Python 网页抓取 |如何使用 try 和 except 处理丢失的元素,以便在找不到元素时打印为不可用?
Python Web scraping | How to handle missing elements using try and except so that it prints as Not available if element not is found?
from bs4 import BeautifulSoup as soup
from urllib.request import urlopen as uReq
import bs4
headers = {'Mozilla/5.0 (Windows NT 10.0; Win64; x64) AppleWebKit/537.36 (KHTML, like Gecko) Brave Chrome/83.0.4103.116 Safari/537.36'}
my_url = 'https://www.jiomart.com/c/groceries/dairy-bakery/dairy/62'
uclient = uReq(my_url)
page_html = uclient.read()
uclient.close()
bs41 = soup(page_html, 'html.parser')
containers = bs41.find_all('div', {'col-md-3 p-0'})
#print(len(containers))
#print(soup.prettify(containers[0]))
for container in containers:
p_name = container.find_all('span', {'class' : 'clsgetname'})
productname = p_name[0].text
o_p = container.find_all('span' , id = 'final_price' )
offer_price = o_p[0].text
try:
ap = container.find_all('strike', id = 'price')
actual_price = ap[0].text
except:
print('not available')
print('Product name is', productname)
print('Product Mrp is', offer_price)
print('Product actual price', actual_price)
print()
While performing the above code, There is a product which doesn't have
a actual price and has offer price only. But other products are
having both the values. When I'm trying to handle the exception via
try and except by printing 'Not Available' it's not Working.
Rather It's printing it on the first-line as Not Available and it's
also showing a actual price of rs 35 whereas actual price is null.
How should i deal with these things, so it may help me.

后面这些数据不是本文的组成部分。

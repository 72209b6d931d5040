-- ===== src/Demo/Widths.antt =====
-- The sizes and widths of the arguments and results of the functions that are called from afar.
use new_rpc.Base.{ℕ, ◌^◌, ◌≤◌, ◌<◌, ◌≡◌, refl, List, [], ◌∷◌, ◌++◌, length, arith}
use new_rpc.Serialization.Memory.{ok}
use new_rpc.Serialization.Types.{reflected, Vals, Val}
use new_rpc.Serialization.Serialize.{get_serialize_size, get_serialize_sizes}
use new_rpc.Serialization.Encoding.{encode, encode_members, Fits}
use new_rpc.Serialization.Output.{IsSized, AreSized, length-sized}
use new_rpc.Serialization.Input.{IsReadable}
use new_rpc.Net.Mapper.{
  Function, example_add, example_echo, example_add_point, function_id, args_tuple, return_type,
  ResponseInfo,
}
use new_rpc.Net.Wire.{HeaderFits, request_header}
use new_rpc.Net.Response.{response_header}
use new_rpc.Demo.Functions.{Run, add_int64, call_function}
use new_rpc.Demo.RemoteCall.{newest}

pub newest-append {ℓ} : {A : Type ℓ} (xs : List A) (x : A) → newest (xs ++ (x ∷ [])) ≡ ok x
unfolding newest
newest-append [] x = refl
newest-append (y ∷ []) x = refl
newest-append (y ∷ z ∷ xs) x = newest-append (z ∷ xs) x

pub args-AreSized : (f : Function) (vs : Vals (args_tuple f)) → AreSized (args_tuple f) vs
args-AreSized example_add vs = (tt, (tt, tt))
args-AreSized example_echo vs = tt
args-AreSized example_add_point vs = ((tt, (tt, tt)), ((tt, (tt, tt)), tt))

args_counted :
    (f : Function) (vs : Vals (args_tuple f))
    → (n : ℕ) × (get_serialize_sizes (args_tuple f) vs ≡ ok n) × n ≤ 32
unfolding get_serialize_size
args_counted example_add vs = (16, refl, omega arith)
args_counted example_echo vs = (0, refl, omega arith)
args_counted example_add_point vs = (32, refl, omega arith)

-- Arguments take at most 32 bytes.
pub length-args :
    (f : Function) (vs : Vals (args_tuple f)) → length (encode_members (args_tuple f) vs) ≤ 32
unfolding get_serialize_size encode
length-args f vs =
    let (n, counted, small) = args_counted f vs in
    let same = length-sized (reflected (args_tuple f)) vs n (args-AreSized f vs) counted in
    omega (arith, same)

result_counted :
    (f : Function) (v : Val (return_type f))
    → (n : ℕ) × (get_serialize_size (return_type f) v ≡ ok n) × n ≤ 32
unfolding get_serialize_size
result_counted example_add v = (8, refl, omega arith)
result_counted example_echo v = (8, refl, omega arith)
result_counted example_add_point v = (16, refl, omega arith)

pub result-IsSized : (f : Function) (v : Val (return_type f)) → IsSized (return_type f) v
result-IsSized example_add v = tt
result-IsSized example_echo v = tt
result-IsSized example_add_point v = (tt, (tt, tt))

pub length-result :
    (f : Function) (v : Val (return_type f)) → length (encode (return_type f) v) ≤ 32
length-result f v =
    let (n, counted, small) = result_counted f v in
    omega (arith, length-sized (return_type f) v n (result-IsSized f v) counted)

pub result-IsReadable : (f : Function) (v : Val (return_type f)) → IsReadable (return_type f) v
result-IsReadable example_add v = tt
result-IsReadable example_echo v = tt
result-IsReadable example_add_point v = (tt, (tt, tt))

-- A sum on int64_t fits 64 bits.
add_int64-lt : (a b : ℕ) {c : ℕ} → add_int64 a b ≡ ok c → c < 256 ^ 8
unfolding add_int64
add_int64-lt a b h = ground arith

pub result-Fits :
    (f : Function) (vs : Vals (args_tuple f)) (rand : ℕ) {r : Run (Val (return_type f))}
    → call_function f vs rand ≡ ok r
    → Fits (return_type f) r.result
unfolding call_function
result-Fits example_add (a, (b, _)) rand h = ground arith
result-Fits example_echo vs rand h = ground arith
result-Fits example_add_point ((ax, (ay, _)), ((bx, (by, _)), _)) rand h =
    (ground arith, (ground arith, tt))

pub function_id-lt : (f : Function) → function_id f < 256 ^ 2
function_id-lt example_add = omega arith
function_id-lt example_echo = omega arith
function_id-lt example_add_point = omega arith

pub request_header-HeaderFits :
    (f : Function) (coro_id port n : ℕ)
    → coro_id < 256 ^ 8
    → port < 256 ^ 2
    → n ≤ 32
    → HeaderFits (request_header (function_id f) coro_id port n)
request_header-HeaderFits f coro_id port n hc hp hn = (
  omega arith,
  (
    omega arith,
    (
      omega arith,
      (
        omega arith,
        (omega arith, (omega arith, (function_id-lt f, (omega arith, (omega arith, tt))))),
      ),
    ),
  ),
)

pub response_header-HeaderFits :
    (info : ResponseInfo) (port n : ℕ)
    → info.response_to_coro_id < 256 ^ 8
    → info.response_rpc_type < 256 ^ 2
    → port < 256 ^ 2
    → n ≤ 32
    → HeaderFits (response_header info port n)
response_header-HeaderFits info port n hc hr hp hn = (
  omega arith,
  (
    omega arith,
    (
      omega arith,
      (omega arith, (omega arith, (omega arith, (omega arith, (omega arith, (omega arith, tt)))))),
    ),
  ),
)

问题是,即使它没有找到元素,它仍然会打印 actual_price
,这可能在外部范围内。
你有两种方法来解决这个问题。
- 第一种是仅在找到元素时才打印,为此您可以这样做:
try:
ap = container.find_all('strike', id = 'price')
actual_price = ap[0].text
print('Product name is', productname)
print('Product Mrp is', offer_price)
print('Product actual price', actual_price)
except:
print('not available')
- 第二个是将
actual_price
设置为“不可用”,所以它在'Product actual price'旁边打印不可用。要完成这项工作,您只需要在 except 块中添加 actual_price = 'not found'
,这样您的代码就会变成:
try:
ap = container.find_all('strike', id = 'price')
actual_price = ap[0].text
except:
print('not available')
actual_price = 'not found'
from bs4 import BeautifulSoup as soup
from urllib.request import urlopen as uReq
import bs4
headers = {'Mozilla/5.0 (Windows NT 10.0; Win64; x64) AppleWebKit/537.36 (KHTML, like Gecko) Brave Chrome/83.0.4103.116 Safari/537.36'}
my_url = 'https://www.jiomart.com/c/groceries/dairy-bakery/dairy/62'
uclient = uReq(my_url)
page_html = uclient.read()
uclient.close()
bs41 = soup(page_html, 'html.parser')
containers = bs41.find_all('div', {'col-md-3 p-0'})
#print(len(containers))
#print(soup.prettify(containers[0]))
for container in containers:
p_name = container.find_all('span', {'class' : 'clsgetname'})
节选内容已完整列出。